(Records to process)

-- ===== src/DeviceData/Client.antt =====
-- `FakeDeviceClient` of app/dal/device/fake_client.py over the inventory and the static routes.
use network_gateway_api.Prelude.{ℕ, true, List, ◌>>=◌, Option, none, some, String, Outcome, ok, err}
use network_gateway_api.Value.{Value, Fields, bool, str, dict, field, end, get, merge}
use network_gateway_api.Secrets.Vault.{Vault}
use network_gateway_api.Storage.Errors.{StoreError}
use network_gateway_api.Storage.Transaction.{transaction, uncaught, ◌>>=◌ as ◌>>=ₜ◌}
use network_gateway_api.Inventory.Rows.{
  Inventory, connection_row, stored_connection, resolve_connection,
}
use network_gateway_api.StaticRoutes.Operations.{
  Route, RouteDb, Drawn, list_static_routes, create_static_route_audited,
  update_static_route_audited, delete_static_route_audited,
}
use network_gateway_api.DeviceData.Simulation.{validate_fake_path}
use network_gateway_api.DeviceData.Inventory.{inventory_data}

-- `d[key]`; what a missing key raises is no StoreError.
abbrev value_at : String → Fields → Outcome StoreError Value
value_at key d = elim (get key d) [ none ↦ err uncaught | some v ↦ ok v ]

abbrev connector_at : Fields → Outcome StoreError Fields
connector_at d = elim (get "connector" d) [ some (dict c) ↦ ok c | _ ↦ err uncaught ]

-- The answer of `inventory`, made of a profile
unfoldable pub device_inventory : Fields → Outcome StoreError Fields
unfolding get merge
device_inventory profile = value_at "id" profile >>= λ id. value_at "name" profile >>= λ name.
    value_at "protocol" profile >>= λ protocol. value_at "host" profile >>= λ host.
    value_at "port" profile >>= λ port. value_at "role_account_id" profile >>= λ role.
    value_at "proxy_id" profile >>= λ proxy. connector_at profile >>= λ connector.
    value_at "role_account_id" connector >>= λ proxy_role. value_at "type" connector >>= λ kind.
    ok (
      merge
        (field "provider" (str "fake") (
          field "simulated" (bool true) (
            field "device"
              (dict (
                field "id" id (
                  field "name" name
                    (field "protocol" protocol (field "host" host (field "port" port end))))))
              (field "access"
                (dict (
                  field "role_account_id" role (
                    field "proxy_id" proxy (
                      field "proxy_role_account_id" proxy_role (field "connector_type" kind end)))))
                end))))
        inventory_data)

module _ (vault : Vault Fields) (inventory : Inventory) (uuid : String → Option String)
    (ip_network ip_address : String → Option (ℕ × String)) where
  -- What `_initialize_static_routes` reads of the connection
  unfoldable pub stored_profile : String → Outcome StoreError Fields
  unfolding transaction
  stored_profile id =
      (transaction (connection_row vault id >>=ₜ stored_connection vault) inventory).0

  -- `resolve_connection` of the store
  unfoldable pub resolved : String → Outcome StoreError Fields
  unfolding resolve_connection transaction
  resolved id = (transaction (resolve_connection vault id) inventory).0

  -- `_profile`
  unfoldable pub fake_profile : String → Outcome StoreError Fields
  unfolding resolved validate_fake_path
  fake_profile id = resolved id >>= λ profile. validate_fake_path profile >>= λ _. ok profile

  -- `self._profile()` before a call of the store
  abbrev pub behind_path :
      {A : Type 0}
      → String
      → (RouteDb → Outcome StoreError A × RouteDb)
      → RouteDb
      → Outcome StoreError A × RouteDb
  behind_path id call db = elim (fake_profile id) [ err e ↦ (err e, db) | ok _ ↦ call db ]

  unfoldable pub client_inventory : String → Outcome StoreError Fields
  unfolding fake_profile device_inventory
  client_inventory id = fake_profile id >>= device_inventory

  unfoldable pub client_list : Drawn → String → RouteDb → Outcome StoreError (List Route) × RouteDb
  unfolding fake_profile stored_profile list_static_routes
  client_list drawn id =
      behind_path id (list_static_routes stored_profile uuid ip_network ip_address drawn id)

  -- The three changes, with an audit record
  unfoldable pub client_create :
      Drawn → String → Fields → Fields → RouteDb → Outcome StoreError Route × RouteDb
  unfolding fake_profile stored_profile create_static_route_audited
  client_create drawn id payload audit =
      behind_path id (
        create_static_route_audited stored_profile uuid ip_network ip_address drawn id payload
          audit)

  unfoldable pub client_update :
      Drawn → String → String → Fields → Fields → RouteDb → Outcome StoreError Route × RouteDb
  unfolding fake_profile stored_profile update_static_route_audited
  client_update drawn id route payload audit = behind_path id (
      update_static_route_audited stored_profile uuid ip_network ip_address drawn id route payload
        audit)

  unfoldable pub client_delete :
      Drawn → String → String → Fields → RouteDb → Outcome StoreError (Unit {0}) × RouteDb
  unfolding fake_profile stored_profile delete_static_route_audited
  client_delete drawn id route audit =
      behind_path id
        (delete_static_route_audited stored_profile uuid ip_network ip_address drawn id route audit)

(End Records to process)

Task statement: Repeat the material word for word.

Answer space:
-- ===== src/DeviceData/Client.antt =====
-- `FakeDeviceClient` of app/dal/device/fake_client.py over the inventory and the static routes.
use network_gateway_api.Prelude.{ℕ, true, List, ◌>>=◌, Option, none, some, String, Outcome, ok, err}
use network_gateway_api.Value.{Value, Fields, bool, str, dict, field, end, get, merge}
use network_gateway_api.Secrets.Vault.{Vault}
use network_gateway_api.Storage.Errors.{StoreError}
use network_gateway_api.Storage.Transaction.{transaction, uncaught, ◌>>=◌ as ◌>>=ₜ◌}
use network_gateway_api.Inventory.Rows.{
  Inventory, connection_row, stored_connection, resolve_connection,
}
use network_gateway_api.StaticRoutes.Operations.{
  Route, RouteDb, Drawn, list_static_routes, create_static_route_audited,
  update_static_route_audited, delete_static_route_audited,
}
use network_gateway_api.DeviceData.Simulation.{validate_fake_path}
use network_gateway_api.DeviceData.Inventory.{inventory_data}

-- `d[key]`; what a missing key raises is no StoreError.
abbrev value_at : String → Fields → Outcome StoreError Value
value_at key d = elim (get key d) [ none ↦ err uncaught | some v ↦ ok v ]

abbrev connector_at : Fields → Outcome StoreError Fields
connector_at d = elim (get "connector" d) [ some (dict c) ↦ ok c | _ ↦ err uncaught ]

-- The answer of `inventory`, made of a profile
unfoldable pub device_inventory : Fields → Outcome StoreError Fields
unfolding get merge
device_inventory profile = value_at "id" profile >>= λ id. value_at "name" profile >>= λ name.
    value_at "protocol" profile >>= λ protocol. value_at "host" profile >>= λ host.
    value_at "port" profile >>= λ port. value_at "role_account_id" profile >>= λ role.
    value_at "proxy_id" profile >>= λ proxy. connector_at profile >>= λ connector.
    value_at "role_account_id" connector >>= λ proxy_role. value_at "type" connector >>= λ kind.
    ok (
      merge
        (field "provider" (str "fake") (
          field "simulated" (bool true) (
            field "device"
              (dict (
                field "id" id (
                  field "name" name
                    (field "protocol" protocol (field "host" host (field "port" port end))))))
              (field "access"
                (dict (
                  field "role_account_id" role (
                    field "proxy_id" proxy (
                      field "proxy_role_account_id" proxy_role (field "connector_type" kind end)))))
                end))))
        inventory_data)

module _ (vault : Vault Fields) (inventory : Inventory) (uuid : String → Option String)
    (ip_network ip_address : String → Option (ℕ × String)) where
  -- What `_initialize_static_routes` reads of the connection
  unfoldable pub stored_profile : String → Outcome StoreError Fields
  unfolding transaction
  stored_profile id =
      (transaction (connection_row vault id >>=ₜ stored_connection vault) inventory).0

  -- `resolve_connection` of the store
  unfoldable pub resolved : String → Outcome StoreError Fields
  unfolding resolve_connection transaction
  resolved id = (transaction (resolve_connection vault id) inventory).0

  -- `_profile`
  unfoldable pub fake_profile : String → Outcome StoreError Fields
  unfolding resolved validate_fake_path
  fake_profile id = resolved id >>= λ profile. validate_fake_path profile >>= λ _. ok profile

  -- `self._profile()` before a call of the store
  abbrev pub behind_path :
      {A : Type 0}
      → String
      → (RouteDb → Outcome StoreError A × RouteDb)
      → RouteDb
      → Outcome StoreError A × RouteDb
  behind_path id call db = elim (fake_profile id) [ err e ↦ (err e, db) | ok _ ↦ call db ]

  unfoldable pub client_inventory : String → Outcome StoreError Fields
  unfolding fake_profile device_inventory
  client_inventory id = fake_profile id >>= device_inventory

  unfoldable pub client_list : Drawn → String → RouteDb → Outcome StoreError (List Route) × RouteDb
  unfolding fake_profile stored_profile list_static_routes
  client_list drawn id =
      behind_path id (list_static_routes stored_profile uuid ip_network ip_address drawn id)

  -- The three changes, with an audit record
  unfoldable pub client_create :
      Drawn → String → Fields → Fields → RouteDb → Outcome StoreError Route × RouteDb
  unfolding fake_profile stored_profile create_static_route_audited
  client_create drawn id payload audit =
      behind_path id (
        create_static_route_audited stored_profile uuid ip_network ip_address drawn id payload
          audit)

  unfoldable pub client_update :
      Drawn → String → String → Fields → Fields → RouteDb → Outcome StoreError Route × RouteDb
  unfolding fake_profile stored_profile update_static_route_audited
  client_update drawn id route payload audit = behind_path id (
      update_static_route_audited stored_profile uuid ip_network ip_address drawn id route payload
        audit)

  unfoldable pub client_delete :
      Drawn → String → String → Fields → RouteDb → Outcome StoreError (Unit {0}) × RouteDb
  unfolding fake_profile stored_profile delete_static_route_audited
  client_delete drawn id route audit =
      behind_path id
        (delete_static_route_audited stored_profile uuid ip_network ip_address drawn id route audit)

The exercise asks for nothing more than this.